The FX/MX614 is a low power CMOS integrated circuit for the reception or transmission of asynchronous 1200bps data, and is suitable for use in Bell 202 type systems. It is also capable of generating the 5bps or 150bps back channel.

The device incorporates an optional Tx and Rx data retiming function that removes the need for a UART in the associated µC when operating at 1200bps.

An optional line equaliser in incorporated into the receive path, this is controlled by an external logic level.

The FX/MX614 may be used in a wide range of telephone systems. With a low operating voltage, a very low- current 'sleep' mode and an operating current of 1mA the device is ideal for portable, terminal and line powered applications. A 3.58MHz standard Xtal/Clock rate is required and the device operates from a 3.0V to 5.5V supply.

Block Diagram

FX/MX614: a low power CMOS integrated circuit for the reception or transmission of asynchronous 1200bps data,and is suitable for use in Bell 202 type systems

Design Support Information

 

FX/MX604 and FX/MX614 FAQ
 

Q. Can I use the FX614 in the same circuit as an MX614 or vice versa? The FX604 and MX604 V.23 modems are also pin and function compatable with each other.

A. Yes. The FX614 and the MX614 are completely pin and function compatible so code and hardware can be re-used in new designs.
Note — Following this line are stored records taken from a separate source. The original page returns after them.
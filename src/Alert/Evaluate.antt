-- ===== src/Alert/Evaluate.antt =====
-- internal/alert/evaluator.go: OnCycle and evaluate, which judge a cycle by each alert of its target,
-- and Refresh and PruneDeparted, which follow a reload of the config. What is logged and its rate
-- limit are left out; the verdicts say what the code logs.
use smokeping_go.Common.{
  ℕ, ◌-◌, Bool, true, false, not, ◌&&◌, ◌||◌, Option, none, some, List, [], ◌∷◌, map, ltb, leb,
  nat_beq, if◌then◌else◌, Str, str_eq, str_beq, length, ◌++◌, bool_beq, ◌>>=◌,
}
use smokeping_go.Common.Map
use smokeping_go.SlaveHealth.{is_health_group}
use smokeping_go.Cycle.{Target, Cycle, id}
use smokeping_go.Alert.Key.{AggKey, key_eq}
use smokeping_go.Alert.Window.{older, staleness_window, alert_freshness, liveness_window}
use smokeping_go.Alert.State.{
  State, ok, firing, state_beq, AlertState, new_state, admits, accept, advance, Warmup, ready,
}
use smokeping_go.Alert.Sources.{Sources, Tally, tally, prune_quiet_sources, firing_sources}
use smokeping_go.Alert.Queue.{
  Quorum, enabled, threshold, AlertConfig, Action, Event, Queues, Reason, Outcome, accepted,
  refused, enqueue_dispatch, new_queues,
}

pub record TargetGroup : Type 0 where
  pub group : Str
  pub targets : List Target

-- config.Config, as far as the evaluator reads it.
pub record Config : Type 0 where
  pub interval : ℕ
  pub alerts : List (Str × AlertConfig)
  pub actions : List (Str × Action)
  pub targets : List TargetGroup

pub record Evaluator : Type 0 where
  pub wants : Option (Event → Bool)  -- the dispatcher's filter
  pub conds : List (Str × (Cycle → Bool))
  pub quorum_enabled : List (Str × Bool)
  pub states : List (AggKey × Sources)
  pub agg : List (AggKey × State)
  pub warmup : List (AggKey × Warmup)
  pub queues : Queues

-- What one alert makes of one cycle.
pub data Verdict : Type 0 where
  unknown : Verdict  -- the alert is not configured, or has no condition
  replayed : ℕ → Verdict  -- the cycle is one that was applied already
  unchanged : Verdict
  committed : Event → Verdict
  reverted : Event → Reason → Verdict

-- What the tally asks for.
unfoldable pub decide : Quorum → Tally → State
decide q t =
    if ltb 0 t.live_count && leb (threshold q t.live_count) t.firing_count then firing else ok

abbrev pub state_or_ok : Option State → State
state_or_ok none = ok
state_or_ok (some s) = s

abbrev pub has_source : Str → List Str → Bool
has_source s [] = false
has_source s (x ∷ xs) = str_beq x s || has_source s xs

abbrev pub sources_or_new : Option Sources → Sources
sources_or_new none = []
sources_or_new (some m) = m

abbrev pub state_or_new : Option AlertState → AlertState
state_or_new none = new_state
state_or_new (some st) = st

-- The `if ok` after enqueueDispatch, with the evaluator that each branch leaves.
abbrev pub conclude : Event → Queues × Outcome → Evaluator → Evaluator → Evaluator × Verdict
conclude ev (q, accepted) done undone = (record done { queues = q }, committed ev)
conclude ev (q, refused r) done undone = (record undone { queues = q }, reverted ev r)

module _ (cfg : Config) (cy : Cycle) (now : ℕ) where
  abbrev pub window : ℕ
  window = liveness_window cfg.interval

  abbrev pub key_of : Str → AggKey
  key_of name = (id cy.target, name)

  -- The event of a per-source alert has no counts.
  abbrev pub source_event : Str → AlertConfig → Sources → State → State → Event
  source_event name a sources prev next = record {
    time = cy.time;
    target = cy.target;
    alert_name = name;
    alert = a;
    prev = prev;
    next = next;
    cycle = cy;
    firing_count = 0;
    live_count = 0;
    firing_sources = firing_sources sources now window;
  }

  abbrev pub quorum_event : Str → AlertConfig → Tally → State → State → Event
  quorum_event name a t prev next = record {
    time = cy.time;
    target = cy.target;
    alert_name = name;
    alert = a;
    prev = prev;
    next = next;
    cycle = cy;
    firing_count = t.firing_count;
    live_count = t.live_count;
    firing_sources = firing_sources t.sources now window;
  }

  abbrev pub put_sources : Str → Sources → Evaluator → Evaluator
  put_sources name sources e = record e { states = Map.insert (key_of name) sources e.states }

  abbrev pub put_agg : Str → State → Evaluator → Evaluator
  put_agg name s e = record e { agg = Map.insert (key_of name) s e.agg }

  -- The source's state goes back to what it was; its hits and its stamps stay.
  unfoldable pub revert : State → Sources → Sources
  revert prev sources = elim (Map.lookup cy.source sources) [
    | none ↦ sources
    | some st ↦ Map.insert cy.source (record st { state = prev }) sources
  ]

  unfoldable pub settle_source :
      Evaluator → Str → AlertConfig → Sources → State → State → Evaluator × Verdict
  unfolding revert
  settle_source e name a sources prev next =
      let quiet = prune_quiet_sources sources now window in
      if state_beq prev next
      then (put_sources name quiet e, unchanged)
      else (let ev = source_event name a quiet prev next in
          conclude ev (enqueue_dispatch cfg.actions e.wants e.queues ev) (put_sources name quiet e)
            (put_sources name (revert prev quiet) e))

  abbrev pub warmup_or_new : Option Warmup → Warmup
  warmup_or_new none = record { first_seen = now; sources_seen = [] }
  warmup_or_new (some w) = w

  unfoldable pub sight : Warmup → Warmup
  sight w =
      if has_source cy.source w.sources_seen
      then w
      else record w { sources_seen = cy.source ∷ w.sources_seen }

  -- Only a new firing is gated.
  unfoldable pub gate : State → State → Warmup → State
  gate prev next w =
      if state_beq next firing
        && (not (state_beq prev firing) && not (ready w now (staleness_window cfg.interval)))
      then prev
      else next

  unfoldable pub settle_quorum : Evaluator → Str → AlertConfig → Sources → Evaluator × Verdict
  unfolding decide sight gate
  settle_quorum e name a sources =
      let t = tally sources now window in
      let prev = state_or_ok (Map.lookup (key_of name) e.agg) in
      let w = sight (warmup_or_new (Map.lookup (key_of name) e.warmup)) in
      let next = gate prev (decide a.quorum t) w in
      let e' = record (put_sources name t.sources e) {
        warmup = Map.insert (key_of name) w e.warmup;
      } in
      if state_beq prev next
      then (e', unchanged)
      else (let ev = quorum_event name a t prev next in
          conclude ev (enqueue_dispatch cfg.actions e.wants e.queues ev) (put_agg name next e')
            (put_agg name prev e'))

  -- The state of the source once the cycle is applied.
  unfoldable pub measured : AlertConfig → (Cycle → Bool) → AlertState → AlertState
  measured a cond st =
      advance a.sustained (cond cy) (record (accept st cy.time now) { last_seen = now })

  unfoldable pub judge : Evaluator → Str → AlertConfig → (Cycle → Bool) → Evaluator × Verdict
  unfolding measured settle_source settle_quorum
  judge e name a cond =
      let sources = sources_or_new (Map.lookup (key_of name) e.states) in
      let st = state_or_new (Map.lookup cy.source sources) in
      if not (admits st cy.time now)
      then (
        put_sources name (Map.insert cy.source st sources) e,
        replayed (st.last_cycle - cy.time),
      )
      else (let st' = measured a cond st in
          let sources' = Map.insert cy.source st' sources in
          if not (enabled a.quorum)
          then settle_source e name a sources' st.state st'.state
          else settle_quorum e name a sources')

  unfoldable pub evaluate_alert : Evaluator → Str → Evaluator × Verdict
  unfolding judge
  evaluate_alert e name = elim (Map.lookup name cfg.alerts) [
    | none ↦ (e, unknown)
    | some a ↦ elim (Map.lookup name e.conds) [
      | none ↦ (e, unknown)
      | some cond ↦ judge e name a cond
    ]
  ]

  unfoldable pub evaluate : Evaluator → List Str → Evaluator × List Verdict
  unfolding evaluate_alert
  evaluate e [] = (e, [])
  evaluate e (name ∷ names) =
      let (e', v) = evaluate_alert e name in let (e'', vs) = evaluate e' names in (e'', v ∷ vs)

unfoldable pub on_cycle : Config → ℕ → Evaluator → Cycle → Evaluator × List Verdict
unfolding evaluate
on_cycle cfg now e cy =
    if nat_beq cy.sent 0
    then (e, [])
    else if nat_beq (length cy.target.target.alerts) 0
    then (e, [])
    else if older (alert_freshness cfg.interval) now cy.time
    then (e, [])
    else evaluate cfg cy now e cy.target.target.alerts

-- ValidateConditions
unfoldable pub validate_conditions : List (Str × AlertConfig) → Option (List (Str × (Cycle → Bool)))
validate_conditions [] = some []
validate_conditions ((name, a) ∷ alerts) = do
  cond ← a.condition
  rest ← validate_conditions alerts
  some ((name, cond) ∷ rest)

-- refreshConditions
unfoldable pub refresh_conditions : Config → Evaluator → Option Evaluator
unfolding validate_conditions
refresh_conditions cfg e = do
  conds ← validate_conditions cfg.alerts
  some (record e {
    conds = conds;
    quorum_enabled = map (λ entry. (entry.0, enabled entry.1.quorum)) cfg.alerts;
  })

-- Whether an alert came, went or changed between quorum and per-source.
abbrev pub is_stale : List (Str × Bool) → List (Str × Bool) → Str → Bool
is_stale old new alert = elim (Map.lookup alert old) [
  | none ↦ true
  | some was ↦ elim (Map.lookup alert new) [ none ↦ true | some now ↦ not (bool_beq was now) ]
]

-- The sweep of agg takes the warm-up of its keys along, and the sweep of warmup takes the rest.
unfoldable pub prune_stale_aggregates : List (Str × Bool) → Evaluator → Evaluator
prune_stale_aggregates old e = record e {
  agg = Map.retain (λ key v. not (is_stale old e.quorum_enabled key.1)) e.agg;
  warmup = Map.retain (λ key v. not (is_stale old e.quorum_enabled key.1)) e.warmup;
}

unfoldable pub refresh : Config → Evaluator → Option Evaluator
unfolding refresh_conditions prune_stale_aggregates
refresh cfg e = do e' ← refresh_conditions cfg e; some (prune_stale_aggregates e.quorum_enabled e')

abbrev pub names_alert : Str → List Str → Bool
names_alert alert [] = false
names_alert alert (a ∷ as') = str_beq a alert || names_alert alert as'

abbrev pub live_in : Str → List Target → AggKey → Bool
live_in group [] key = false
live_in group (t ∷ ts) key =
    str_beq (id (record { group = group; target = t })) key.0 && names_alert key.1 t.alerts
    || live_in group ts key

abbrev pub is_live : List TargetGroup → AggKey → Bool
is_live [] key = false
is_live (g ∷ gs) key = live_in g.group g.targets key || is_live gs key

-- Whether the part before the first `/` names the health group; `false` without a `/`.
abbrev pub in_health_group : Str → Str → Bool
in_health_group seen [] = false
in_health_group seen (c ∷ s) =
    if nat_beq c b'/' then is_health_group seen else in_health_group (seen ++ c ∷ []) s

abbrev pub survives : Config → AggKey → Bool
survives cfg key = Map.has key.1 cfg.alerts && (is_live cfg.targets key || in_health_group [] key.0)

-- pruneDepartedTargets; agg and warmup lose the keys that it finds in states.
unfoldable pub prune_departed : Config → Evaluator → Evaluator
prune_departed cfg e = record e {
  states = Map.retain (λ key v. survives cfg key) e.states;
  agg = Map.retain (λ key v. not (Map.has key e.states) || survives cfg key) e.agg;
  warmup = Map.retain (λ key v. not (Map.has key e.states) || survives cfg key) e.warmup;
}

-- NewEvaluator
unfoldable pub new_evaluator : Config → Option (Event → Bool) → Option Evaluator
new_evaluator cfg wants = refresh_conditions cfg (record {
  wants = wants;
  conds = [];
  quorum_enabled = [];
  states = [];
  agg = [];
  warmup = [];
  queues = new_queues;
})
Similarly the FX604 and MX604 V.23 modems are also pin and function compatible with each other so are interchangeable.


Q. 604 - Why do the FX604 and FX614 apparently receive data when there is no input signal?

A. The FSK receiver of the FX604 and FX614 has a very high sensitivity and in the absence of a valid FSK signal will decode noise as data. This is not a fault but is due to the wideband properties of noise where sufficient energy may be present within the FSK decoder's bandwidth.
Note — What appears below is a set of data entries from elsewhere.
-- ===== src/Alert/Commit.antt =====
-- A transition is committed exactly when its notification was queued.
use smokeping_go.Common.{
  ℕ, ◌≡◌, refl, sym, ap, ◌∙◌, inl, inr, Bool, true, false, some, arith, if◌then◌else◌, Bool-cases,
  Str, str_eq,
}
use smokeping_go.Common.Map
use smokeping_go.Cycle.{Cycle, id}
use smokeping_go.Alert.Key.{AggKey, key_eq}
use smokeping_go.Alert.State.{State, state_beq, AlertState, advance, admits}
use smokeping_go.Alert.Sources.{Sources, tally, prune_quiet_sources}
use smokeping_go.Alert.Queue.{
  Event, Queues, Outcome, accepted, refused, AlertConfig, enqueue_dispatch, enabled,
}
use smokeping_go.Alert.Evaluate.{
  Config, Evaluator, Verdict, committed, reverted, window, state_or_ok, sources_or_new,
  state_or_new, revert, settle_source, settle_quorum, measured, judge, decide, gate, sight,
  warmup_or_new, put_sources, conclude,
}

abbrev pub source_state : AggKey → Str → Evaluator → State
source_state key src e =
    (state_or_new (Map.lookup src (sources_or_new (Map.lookup key e.states)))).state

-- The state that the alert's notifications tell of: the aggregate's under a quorum, else the source's.
abbrev pub told : Cycle → Str → AlertConfig → Evaluator → State
told cy name a e =
    if enabled a.quorum
    then state_or_ok (Map.lookup (id cy.target, name) e.agg)
    else source_state (id cy.target, name) cy.source e

-- A verdict against the queues and the told state, before and after.
abbrev pub Agrees : (Event → Queues × Outcome) → Queues → Queues → State → State → Verdict → Type 0
Agrees offer q q' before after (committed ev) =
    (ev.prev ≡ before)
    × (ev.next ≡ after)
    × (state_beq before after ≡ false)
    × (offer ev ≡ (q', accepted))
Agrees offer q q' before after (reverted ev r) =
    (ev.prev ≡ before) × (after ≡ before) × (offer ev ≡ (q', refused r))
Agrees offer q q' before after _ = (after ≡ before) × (q' ≡ q)

state_beq→≡ : (s t : State) → state_beq s t ≡ true → s ≡ t
state_beq→≡ s t h = ground arith

module _ (cfg : Config) (cy : Cycle) (now : ℕ) (e : Evaluator) (name : Str) (a : AlertConfig) where
  abbrev key : AggKey
  key = (id cy.target, name)

  abbrev offering : Event → Queues × Outcome
  offering ev = enqueue_dispatch cfg.actions e.wants e.queues ev

  revert-state :
      (prev : State) (sources : Sources) (st : AlertState)
      → Map.lookup cy.source sources ≡ some st
      → (state_or_new (Map.lookup cy.source (revert cfg cy now prev sources))).state ≡ prev
  unfolding revert Map.lookup
  revert-state prev sources st h =
      rw (h, state_or_new)
        (ap (λ o. (state_or_new o).state)
          (Map.lookup-insert_self cy.source (record st { state = prev }) sources))

  put_sources-state :
      (sources : Sources)
      → source_state key cy.source (put_sources cfg cy now name sources e)
        ≡ (state_or_new (Map.lookup cy.source sources)).state
  put_sources-state sources =
      ap (λ o. (state_or_new (Map.lookup cy.source (sources_or_new o))).state)
        (Map.lookup-insert_self key sources e.states)

  conclude-Agrees :
      (state_of : Evaluator → State) (ev : Event) (offered : Queues × Outcome)
      (done undone : Evaluator)
      → ((q : Queues) (e : Evaluator) → state_of (record e { queues = q }) ≡ state_of e)
      → offering ev ≡ offered
      → state_beq ev.prev ev.next ≡ false
      → state_of done ≡ ev.next
      → state_of undone ≡ ev.prev
      → let r = conclude ev offered done undone in
        Agrees offering e.queues r.0.queues ev.prev (state_of r.0) r.1
  conclude-Agrees state_of ev (q, accepted) done undone free o differ d u =
      (refl, sym (free q done ∙ d), rw (free q done, d) differ, o)
  conclude-Agrees state_of ev (q, refused r) done undone free o differ d u =
      (refl, free q undone ∙ u, o)

  quiet : Sources → Sources
  quiet sources = prune_quiet_sources sources now (window cfg cy now)

  lookup-quiet :
      (sources : Sources) (st : AlertState)
      → Map.lookup cy.source sources ≡ some st
      → st.last_seen ≡ now
      → Map.lookup cy.source (quiet sources) ≡ some st
  unfolding quiet prune_quiet_sources
  lookup-quiet sources st h seen = Map.lookup-retain cy.source st _ sources h (ground arith)

  settle_source-Agrees :
      (sources : Sources) (prev : State) (st : AlertState)
      → Map.lookup cy.source sources ≡ some st
      → st.last_seen ≡ now
      → let r = settle_source cfg cy now e name a sources prev st.state in
        Agrees offering e.queues r.0.queues prev (source_state key cy.source r.0) r.1
  unfolding settle_source quiet
  settle_source-Agrees sources prev st h seen =
      let stays = lookup-quiet sources st h seen in
      let is_next = put_sources-state (quiet sources) ∙ ap (λ o. (state_or_new o).state) stays in
      elim (Bool-cases (state_beq prev st.state)) [
        | inl same ↦ rw same (is_next ∙ sym (state_beq→≡ prev st.state same), refl)
        | inr other ↦ rw other (
            conclude-Agrees (source_state key cy.source) _ _ _ _ (λ q e. refl) refl other is_next
              (put_sources-state (revert cfg cy now prev (quiet sources))
                ∙ revert-state prev (quiet sources) st stays))
      ]

  settle_quorum-Agrees :
      (sources : Sources)
      → let r = settle_quorum cfg cy now e name a sources in
        Agrees offering e.queues r.0.queues
          (state_or_ok (Map.lookup key e.agg))
          (state_or_ok (Map.lookup key r.0.agg))
          r.1
  unfolding settle_quorum
  settle_quorum-Agrees sources =
      let prev = state_or_ok (Map.lookup key e.agg) in
      let w = sight cfg cy now (warmup_or_new cfg cy now (Map.lookup key e.warmup)) in
      let next = gate cfg cy now prev (decide a.quorum (tally sources now (window cfg cy now))) w in
      elim (Bool-cases (state_beq prev next)) [
        | inl same ↦ rw same (refl, refl)
        | inr other ↦ rw other (
            conclude-Agrees (λ e. state_or_ok (Map.lookup key e.agg)) _ _ _ _ (λ q e. refl) refl
              other (ap state_or_ok (Map.lookup-insert_self key next e.agg))
              (ap state_or_ok (Map.lookup-insert_self key prev e.agg)))
      ]

  measured-last_seen :
      (cond : Cycle → Bool) (st : AlertState) → (measured cfg cy now a cond st).last_seen ≡ now
  unfolding measured advance
  measured-last_seen cond st = elim (Bool-cases (cond cy)) [
    | inl hit ↦ rw hit refl
    | inr calm ↦ rw calm refl
  ]

  -- When an alert judges a cycle, the state that its notifications tell of changes if and only if the
  -- delivery queue took the transition's event: a committed verdict carries the event that was
  -- accepted, from the old state to the new one; under a refusal the state is the old one; otherwise
  -- neither the state nor the queues changed.
  pub judge_commits_what_is_queued :
      (cond : Cycle → Bool)
      → let r = judge cfg cy now e name a cond in
        Agrees offering e.queues r.0.queues (told cy name a e) (told cy name a r.0) r.1
  unfolding judge
  judge_commits_what_is_queued cond = elim (Bool-cases (admits st cy.time now)) [
    | inl new ↦ rw new (elim (Bool-cases (enabled a.quorum)) [
      | inl on ↦ rw on (settle_quorum-Agrees _)
      | inr off ↦ rw off (
          settle_source-Agrees _ _ _ (Map.lookup-insert_self cy.source _ sources)
            (measured-last_seen cond st))
    ])
    | inr old ↦ rw old (elim (Bool-cases (enabled a.quorum)) [
      | inl on ↦ rw on (refl, refl)
      | inr off ↦ rw off (
        put_sources-state _
            ∙ ap (λ o. (state_or_new o).state) (Map.lookup-insert_self cy.source st sources),
        refl,
      )
    ])
  ]
    where
      sources : Sources
      sources = sources_or_new (Map.lookup key e.states)

      st : AlertState
      st = state_or_new (Map.lookup cy.source sources)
To prevent spurious reception a baseband carrier detect output (DET) is used to determine the validity of the received signal. The detector block is a simple energy detector that receives predominantly in-band energy from a band-pass filter in the device input. The DET should be monitored during reception and used to 'intelligently' decide whether the data is likely to valid, suspect or invalid. During periods when there is no data reception the DET will be predominantly low but is likely to false so the receiver should be powersaved where practical.

DET does not internally gate the FSK receiver because this would prevent data reception during short duration events such as fades when data recovery may still be possible.


Q. 604 - Are the FX614 and MX614 compatible with the HART specifications?

A. Yes they are, the FX614 and MX614 both appear to be suitable for encoding and decoding HART signals but have not been specifically designed to do so.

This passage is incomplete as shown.